What Matters to Employees

Businesses are collections of people. How can we understand a business without a view on its key people, company culture, and the company’s overall ability to attract and retain industry talent?

The substantial majority of the value of S&P 500 companies is allocated to “intangible assets” including talent (see: https://www.fordfoundation.org/work/learning/learning-reflections/better-understanding-the-value-of-human-capital/).

Intangible Assets as a % of S&P 500 Market Value

Most companies openly share that employees are their most important assets. Many businesses are acquired for substantial sums of money for the people and talent alone. We could probably answer many of our questions about a business by simply knowing whether current employees believe that the company’s best days are ahead of it rather than in the rearview mirror.

Yet too many publicly listed companies still do not disclose much data or provide analysis that could more easily allow investors to understand the company’s talent base and culture. The Ford Foundation has noted that only ~15% of public companies in the US disclose wage data, and a lower percentage report on worker retention and training initiatives. We love the way the Ford Foundation put it: Investors and others are “using a 20th-century lens to examine 21st-century enterprises.”

Attracting and retaining top notch talent over long periods is no easy feat. Talented people typically have options, and there has been a talent shortage for some time. According to a McKinsey study, 90% of organizations say they will have a meaningful skills gap in the coming years. Companies that can attract and retain talent at high levels in complex environments are simply in a better position to endure from an innovation perspective, which should be viewed as critical for customers, existing and potential employees, and investors alike.

Studies and data show several factors that matter to talented people across industries. They include the culture and values of an organization, training and development opportunities, and compensation and benefits levels.

The most important employee-related issue we study qualitatively is the culture and values of the organization. A Harvard Business Review article from a Glassdoor economist highlights the importance of culture. It found that across all income levels, the top predictor of workplace satisfaction is not pay but rather the culture and values of the organization. The next highest predictor of workplace satisfaction was quality of senior leadership.

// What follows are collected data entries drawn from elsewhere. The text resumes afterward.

-- ===== src/Store/File/Tests.antt =====
-- The theorem on the file store, with files that are an association list of their paths.
use Prim.Native.String.{◌++◌}
use lowcode_bpmn.Prelude.{
  String, string_eq, ◌==◌, Bool, true, false, not, filter, Option, none, some, List, [], ◌∷◌, Map,
  lookup, insert, ◌≡◌, refl, ℤ, if◌then◌else◌,
}
use lowcode_bpmn.Text.{strip_prefix}
use lowcode_bpmn.Definition.Expression.{Numerics}
use lowcode_bpmn.Runtime.{DeployedProcess}
use lowcode_bpmn.Errors.{Result, ok, err, no_file}
use lowcode_bpmn.Codec.{XmlDefinitions}
use lowcode_bpmn.Codec.RoundTrip.Carried.{erased}
use lowcode_bpmn.Store.Memory.{new_store, get_process, insert_process_version}
use lowcode_bpmn.Store.Memory.Snapshot.{Snapshot}
use lowcode_bpmn.Store.File.{
  Os, Formats, FileStore, replace_file, persist_locked, stored, write_process_xml, save_version,
  load, load_definitions,
}
use lowcode_bpmn.Store.File.Restored.{Restored}
use lowcode_bpmn.Store.File.Saves.{Saves}
use lowcode_bpmn.Engine.Samples.{program, early_end, numerics}

-- The texts of a snapshot and of a definition; neither is read as the other.
data Content : Type 0 where
  yaml : Snapshot → Content
  xml : XmlDefinitions → Content

abbrev Files : Type 0
Files = Map String Content

abbrev slashed : List String → String
slashed [] = ""
slashed (s ∷ []) = s
slashed (s ∷ t ∷ l) = s ++ "/" ++ slashed (t ∷ l)

abbrev moved : String → Option Content → Files → Result (Unit {0}) × Files
moved to none f = (err no_file, f)
moved to (some c) f = (ok tt, insert to c f)

abbrev below : String → Files → List (Result String)
below root [] = []
below root ((k, c) ∷ f) = elim (strip_prefix (root ++ "/") k) [
  | none ↦ below root f
  | some rel ↦ ok rel ∷ below root f
]

abbrev is_some : List (Result String) → Bool
is_some [] = false
is_some (x ∷ l) = true

abbrev disk : Os Files Content
disk = record {
  mkdir_all = λ path f. (ok tt, f);
  write_file = λ path d f. (ok tt, insert path d f);
  rename = λ from to f.
      moved to (lookup from f) (filter (λ (e : String × Content). not (e.0 == from)) f);
  remove_all = λ path f. (ok tt, f);
  read_file = λ path f. ok (lookup path f);
  exists = λ path f. is_some (below path f);
  walk_dir = below;
  join = slashed;
}

abbrev read_yaml : Content → Result Snapshot
read_yaml (yaml s) = ok s
read_yaml (xml root) = err no_file

abbrev read_xml : Content → Result XmlDefinitions
read_xml (yaml s) = err no_file
read_xml (xml root) = ok (erased root)

abbrev formats : Formats Content
formats = record {
  no_data = λ d. false;
  encode = λ s. ok (yaml s);
  decode = read_yaml;
  xml = record { encode = λ root. ok (xml root); decode = read_xml };
}

abbrev numbers : Numerics
numbers = record numerics { atoi = λ s. if s == "1" then some (ℤ.pos 1) else none }

abbrev fresh : FileStore Files
fresh = record { dir = "data"; file = "data/state.yaml"; mem = new_store; files = [] }

abbrev deployed : DeployedProcess
deployed = record {
  tenant_id = "acme";
  key = "leave";
  version = 0;
  name = "Leave request";
  definition = early_end;
  created_at = 0;
  updated_at = 0;
}

saved : Result DeployedProcess × FileStore Files
unfolding save_version insert_process_version write_process_xml stored persist_locked replace_file
    program
saved = save_version disk formats numbers 1 deployed fresh

abbrev or_deployed : Result DeployedProcess → DeployedProcess
or_deployed (ok p) = p
or_deployed (err e) = deployed

abbrev after : FileStore Files
after = (save_version disk formats numbers 1 deployed fresh).1

name_of : Result (FileStore Files) → String
unfolding get_process
name_of (err e) = "failed"
name_of (ok s) = elim (get_process "acme" "leave" s.mem) [ none ↦ "none" | some p ↦ p.name ]

-- The store that is opened again has the process, without the name that it was deployed with.
reopened : name_of (load disk formats numbers 9 (record saved.1 { mem = new_store })) ≡ ""
unfolding name_of saved load load_definitions
reopened = refl
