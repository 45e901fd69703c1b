-- ===== src/Store/Memory/Listing/Covers.antt =====
-- internal/store/memory/store.go: the processes that `ListProcesses` answers with.
use Prim.Native.String.{◌++◌}
use lowcode_bpmn.Prelude.{
  String, string_eq, Bool, true, false, ◌&&◌, none, some, [], ◌∷◌, map, leb, if◌then◌else◌, Map,
  lookup, insert, lookup-insert, Memᴰ, Bool-cases, Option-cases, ◌⊎◌, and-eq-true, ◌==◌, ◌≡◌, refl,
  sym, ap, ◌∙◌, arith, inl, inr,
}
use lowcode_bpmn.Runtime.{DeployedProcess}
use lowcode_bpmn.Store.Memory.{Store, has_prefix, newer}
use lowcode_bpmn.Store.Memory.Listing.{latest_by_key, list_processes}
use lowcode_bpmn.Store.Memory.Snapshot.RoundTrip.{is_keyed, insert-is_keyed, lookup-key}

-- The listed process of the key, if any, is not older than `p`.
abbrev covered : DeployedProcess → Map String DeployedProcess → Bool
covered p m = elim (lookup p.key m) [ none ↦ false | some q ↦ leb p.version q.version ]

covered-insert :
    (p q : DeployedProcess) (m : Map String DeployedProcess)
    → newer (lookup q.key m) q ≡ true
    → covered p m ≡ true
    → covered p (insert q.key q m) ≡ true
unfolding newer
covered-insert p q m h c =
    ground (arith, lookup-insert p.key q.key q m, string_eq.same_iff q.key p.key)

covered-eq-true :
    (p : DeployedProcess) (m : Map String DeployedProcess)
    → covered p m ≡ true
    → (q : DeployedProcess) × (lookup p.key m ≡ some q) × (leb p.version q.version ≡ true)
covered-eq-true p m h = elim (Option-cases (lookup p.key m)) [
  | inl missing ↦ ground arith
  | inr (q, found) ↦ (q, found, ground arith)
]

latest_by_key-keeps :
    (prefix : String) (p : DeployedProcess) (m acc : Map String DeployedProcess)
    → covered p acc ≡ true
    → covered p (latest_by_key prefix m acc) ≡ true
unfolding latest_by_key
latest_by_key-keeps prefix p [] acc c = c
latest_by_key-keeps prefix p ((k, q) ∷ m) acc c =
    elim (Bool-cases (has_prefix prefix k && newer (lookup q.key acc) q)) [
      | inl taken ↦ rw taken (
          latest_by_key-keeps prefix p m (insert q.key q acc)
            (covered-insert p q acc (ground arith) c))
      | inr passed ↦ rw passed (latest_by_key-keeps prefix p m acc c)
    ]

-- The step at `p` itself.
covered-here :
    (p : DeployedProcess) (acc : Map String DeployedProcess)
    → covered p (if newer (lookup p.key acc) p then insert p.key p acc else acc) ≡ true
unfolding newer
covered-here p acc = ground (arith, lookup-insert p.key p.key p acc, string_eq.same_iff p.key p.key)

latest_by_key-covers :
    (prefix k : String) (p : DeployedProcess) (m acc : Map String DeployedProcess)
    → Memᴰ (k, p) m
    → has_prefix prefix k ≡ true
    → covered p (latest_by_key prefix m acc) ≡ true
unfolding latest_by_key
latest_by_key-covers prefix k p [] acc m starts = elim m [ ]
latest_by_key-covers prefix k p ((j, q) ∷ m) acc (Memᴰ.head same) starts =
    let same_process = ap (λ (e : String × DeployedProcess). e.1) same in
    let starts' : has_prefix prefix j ≡ true =
      ap (λ (e : String × DeployedProcess). has_prefix prefix e.0) (sym same) ∙ starts in
    rw (same_process, starts') (latest_by_key-keeps prefix q m _ (covered-here q acc))
latest_by_key-covers prefix k p ((j, q) ∷ m) acc (Memᴰ.tail later) starts =
    latest_by_key-covers prefix k p m _ later starts

latest_by_key-is_keyed :
    (prefix : String) (m acc : Map String DeployedProcess)
    → is_keyed (λ (p : DeployedProcess). p.key) acc ≡ true
    → is_keyed (λ (p : DeployedProcess). p.key) (latest_by_key prefix m acc) ≡ true
unfolding latest_by_key
latest_by_key-is_keyed prefix [] acc h = h
latest_by_key-is_keyed prefix ((k, q) ∷ m) acc h =
    elim (Bool-cases (has_prefix prefix k && newer (lookup q.key acc) q)) [
      | inl taken ↦ rw taken (
          latest_by_key-is_keyed prefix m (insert q.key q acc)
            (insert-is_keyed (λ (p : DeployedProcess). p.key) q.key q acc refl h))
      | inr passed ↦ rw passed (latest_by_key-is_keyed prefix m acc h)
    ]

lookup-Memᴰ :
    (k : String) (p : DeployedProcess) (m : Map String DeployedProcess)
    → lookup k m ≡ some p
    → Memᴰ p (map (λ (e : String × DeployedProcess). e.1) m)
unfolding lookup
lookup-Memᴰ k p [] h = cc
lookup-Memᴰ k p ((j, q) ∷ m) h = elim (Bool-cases (j == k)) [
  | inl same ↦ let found : q ≡ p = ground arith in Memᴰ.head (sym found)
  | inr other ↦ Memᴰ.tail (lookup-Memᴰ k p m (ground arith))
]

-- What is listed stands in the store, under a text with the prefix.
latest_by_key-stored :
    (prefix j : String) (q : DeployedProcess) (m acc : Map String DeployedProcess)
    → lookup j (latest_by_key prefix m acc) ≡ some q
    → ((k : String) × Memᴰ (k, q) m × (has_prefix prefix k ≡ true)) ⊎ (lookup j acc ≡ some q)
unfolding latest_by_key
latest_by_key-stored prefix j q [] acc h = inr h
latest_by_key-stored prefix j q ((k, p) ∷ m) acc h =
    elim (Bool-cases (has_prefix prefix k && newer (lookup p.key acc) p)) [
      | inr passed ↦ elim (latest_by_key-stored prefix j q m acc (rw passed at h)) [
        | inl (i, stands, starts) ↦ inl (i, Memᴰ.tail stands, starts)
        | inr found ↦ inr found
      ]
      | inl taken ↦ elim (latest_by_key-stored prefix j q m (insert p.key p acc) (rw taken at h)) [
        | inl (i, stands, starts) ↦ inl (i, Memᴰ.tail stands, starts)
        | inr found ↦ inserted k p m acc found (and-eq-true (has_prefix prefix k) _ taken).0
      ]
    ]
  where
    inserted :
        (k : String) (p : DeployedProcess) (m acc : Map String DeployedProcess)
        → lookup j (insert p.key p acc) ≡ some q
        → has_prefix prefix k ≡ true
        → ((i : String) × Memᴰ (i, q) ((k, p) ∷ m) × (has_prefix prefix i ≡ true))
          ⊎ (lookup j acc ≡ some q)
    inserted k p m acc found starts = elim (Bool-cases (p.key == j)) [
      | inl same ↦
          let here : some p ≡ some q = cc (lookup-insert j p.key p acc, same, found) in
          let e : q ≡ p = cc in inl (k, Memᴰ.head (ap (λ (x : DeployedProcess). (k, x)) e), starts)
      | inr other ↦ inr (cc (lookup-insert j p.key p acc, other, found))
    ]

-- For every stored version whose text starts with the tenant's, `ListProcesses` lists a version of the same
-- process that is not older and that is itself stored under a text which starts with the tenant's.
pub list_processes-covers :
    (tenant k : String) (p : DeployedProcess) (s : Store)
    → Memᴰ (k, p) s.processes
    → has_prefix (tenant ++ "/") k ≡ true
    → (q : DeployedProcess) × Memᴰ q (list_processes tenant s)
      × (q.key ≡ p.key)
      × (leb p.version q.version ≡ true)
      × ((j : String) × Memᴰ (j, q) s.processes × (has_prefix (tenant ++ "/") j ≡ true))
unfolding list_processes
list_processes-covers tenant k p s m starts =
    let latest = latest_by_key (tenant ++ "/") s.processes [] in
    let (q, found, newer) =
      covered-eq-true p latest (latest_by_key-covers (tenant ++ "/") k p s.processes [] m starts) in
    (
      q,
      lookup-Memᴰ p.key q latest found,
      lookup-key (λ (x : DeployedProcess). x.key) p.key q latest
          (latest_by_key-is_keyed (tenant ++ "/") s.processes [] refl) found,
      newer,
      elim (latest_by_key-stored (tenant ++ "/") p.key q s.processes [] found) [
        | inl stored ↦ stored
        | inr none_yet ↦ absurd (cc)
      ],
    )
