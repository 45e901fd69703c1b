-- ===== src/Store/Tests.antt =====
-- The theorems on the stores, on concrete stores.
use Prim.Native.String.{◌++◌}
use lowcode_bpmn.Prelude.{
  String, ℕ, suc, none, some, [], ◌∷◌, ◌≡◌, refl, ◌⊎◌, insert, nat_eq, lookup, All, Memᴰ, leb, true,
}
use lowcode_bpmn.Vars.{end}
use lowcode_bpmn.Runtime.{ProcessInstance, DeployedProcess, Job, JobType, JobStatus, Message}
use lowcode_bpmn.Errors.{ok, err, version_conflict}
use lowcode_bpmn.Store.Memory.{
  Store, new_store, create_process_instance, update_process_instance, get_process_instance,
  pending_jobs, claim_next_job, has_prefix,
}
use lowcode_bpmn.Store.Memory.Locking.{update-then_stale_conflicts, claim_next_job-oldest, claimed}
use lowcode_bpmn.Store.Memory.Listing.{list_processes}
use lowcode_bpmn.Store.Memory.Listing.Covers.{list_processes-covers}
use lowcode_bpmn.Store.Memory.Snapshot.{snapshot, restore}
use lowcode_bpmn.Store.Memory.Snapshot.Restores.{Reachable, Step, restore-snapshot}
use lowcode_bpmn.Engine.Samples.{early_end, instance_of}

abbrev inst : ProcessInstance
inst = instance_of early_end

abbrev store : Store
store = record new_store { process_instances = (7, inst) ∷ [] }

abbrev written : ProcessInstance
written = record inst { updated_at = 5; lock_version = 1 }

first_write :
    update_process_instance 5 inst store
    ≡ ok (written, record store { process_instances = insert 7 written store.process_instances })
unfolding update_process_instance
first_write = refl

update-then_stale_conflicts_example :
    (get_process_instance 7
        (record store { process_instances = insert 7 written store.process_instances })
      ≡ some written)
    × ((written.lock_version ≡ suc inst.lock_version)
        × (update_process_instance 6 inst
              (record store { process_instances = insert 7 written store.process_instances })
            ≡ err version_conflict))
update-then_stale_conflicts_example =
    update-then_stale_conflicts 5 6 inst inst store first_write refl refl

abbrev job : ℕ → ℕ → Job
job id t = record {
  id = id;
  process_instance_id = 7;
  type = JobType.start;
  payload = end;
  status = JobStatus.pending;
  attempts = 0;
  error_msg = Message.blank;
  created_at = t;
  locked_at = none;
  completed_at = none;
}

abbrev queue : Store
queue = record new_store { jobs = (1, job 1 30) ∷ (2, job 2 20) ∷ [] }

claim_next_job-oldest_example :
    ((pending_jobs queue ≡ []) × (claim_next_job 9 queue ≡ (none, queue)))
    ⊎ ((j : Job) × Memᴰ j (pending_jobs queue)
        × All (λ (k : Job). leb j.created_at k.created_at ≡ true) (pending_jobs queue)
        × ((claim_next_job 9 queue).0 ≡ some (claimed 9 j))
        × (lookup j.id (claim_next_job 9 queue).1.jobs ≡ some (claimed 9 j)))
claim_next_job-oldest_example = claim_next_job-oldest 9 queue

-- The younger job stands first in the map.
claims_older : (claim_next_job 9 queue).0 ≡ some (claimed 9 (job 2 20))
unfolding claim_next_job
claims_older = refl

-- Snapshots.
reached_store : Store
unfolding create_process_instance
reached_store = (create_process_instance 9 5 inst new_store).1

reached : Reachable reached_store
unfolding reached_store
reached = Reachable.then Reachable.empty (Step.starts 9 5 inst)

restore-snapshot_example : restore (snapshot reached_store) store ≡ reached_store
restore-snapshot_example = restore-snapshot reached_store store reached

-- Lists of processes.
abbrev version : ℕ → DeployedProcess
version n = record {
  tenant_id = "t";
  key = "k";
  version = n;
  name = "";
  definition = early_end;
  created_at = 1;
  updated_at = 1;
}

abbrev versions : Store
versions = record new_store { processes = ("t/k/v2", version 2) ∷ ("t/k/v1", version 1) ∷ [] }

prefixed : has_prefix ("t" ++ "/") "t/k/v1" ≡ true
unfolding has_prefix
prefixed = refl

list_processes-covers_example :
    (q : DeployedProcess) × Memᴰ q (list_processes "t" versions)
    × (q.key ≡ "k")
    × (leb 1 q.version ≡ true)
    × ((j : String) × Memᴰ (j, q) versions.processes × (has_prefix "t/" j ≡ true))
list_processes-covers_example =
    list_processes-covers "t" "t/k/v1" (version 1) versions (Memᴰ.tail (Memᴰ.head refl)) prefixed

What Drives Employee Satisfaction Most

Training and development and career opportunities are important employee-related issues as well. As McKinsey states, “organizations that make learning and development a priority and part of their mission can create a virtuous cycle and improve the odds of success in attracting, advancing, and retaining talent.” Two data points McKinsey tracked were fostering a growth mindset through providing training and internal advancement opportunities.

Effective organizations offer more training and enable internal moves

As shown above, there can be a wide disparity among organizations in the amount of training provided (quality matters more but can be hard for a firm like McKinsey to measure) and the ability to move into new roles and responsibilities of interest within an organization. McKinsey has found that 40-60% of an employee’s human capital value which includes knowledge, attributes, skills and experience can be attributed to skills acquired through work experience. On-the-job training clearly matters. McKinsey also found that one of the top reasons employees cited for leaving prior jobs was a feeling that they did not have an ability to develop properly (41%).

Another key factor will always be employee perceptions regarding compensation and benefits levels and structures. Various studies show a direct link between higher pay and higher employee retention rates. For example, a Harvard study showed that a $1 per hour pay increase among warehouse workers resulted in a 2.8% increase in retention. Every $1 per hour loss in pay resulted in a 28% increase in turnover rates. Notably though, of six key workplace factors analyzed by Glassdoor, compensation was consistently rated among the least important factors of workplace happiness.

The Assessment

We seek cultures that prioritize highest performance, customer obsession, long-term thinking, accountability, and growth mindsets.

While more difficult than it should be, there are various ways to assess culture and talent. This can include information from traditional company filings that disclose the company’s product development expenses, which are mostly headcount-related today. We can also assess other business and competitor trends that might suggest the talent base is strong and that the company is viewed as attractive to potential new hires. We often hear from current and former employees through surveys and interviews, and we learn through simply following these businesses over multi-year time periods and continually tracking their evolutions. Metrics and information we can analyze for at least some good clues in these areas include a company’s financial strength, retention rates, net promoter scores, company initiatives relating to employee morale, and compensation practices. Given the importance of senior leadership quality for talented employees, we also spend considerable time on various governance-related issues.

There can sometimes be unconventional indicators that might give a better idea for the strength of a company’s employee base and culture. For example, how many talented people at the company who leave to pursue other opportunities eventually come back (boomerangs)? And have senior leaders shown a willingness to step aside when appropriate and make room for the next wave of deserving talent if doing so would be in the best interests of stakeholders?

The key is to triangulate multiple imperfect signals over time and treat them as part of a mosaic.

We believe investors cannot have a view on a company’s ability to endure for the customers it serves or the shareholders whose capital has been invested without a view on the company’s ability to attract and retain leading talent and establish a winning culture. There are several signals we consider in this area that cut across employee-related issues, financial strength, and governance. The goal is to identify companies that we believe (among other things) are best positioned to win their respective wars for industry talent over long periods.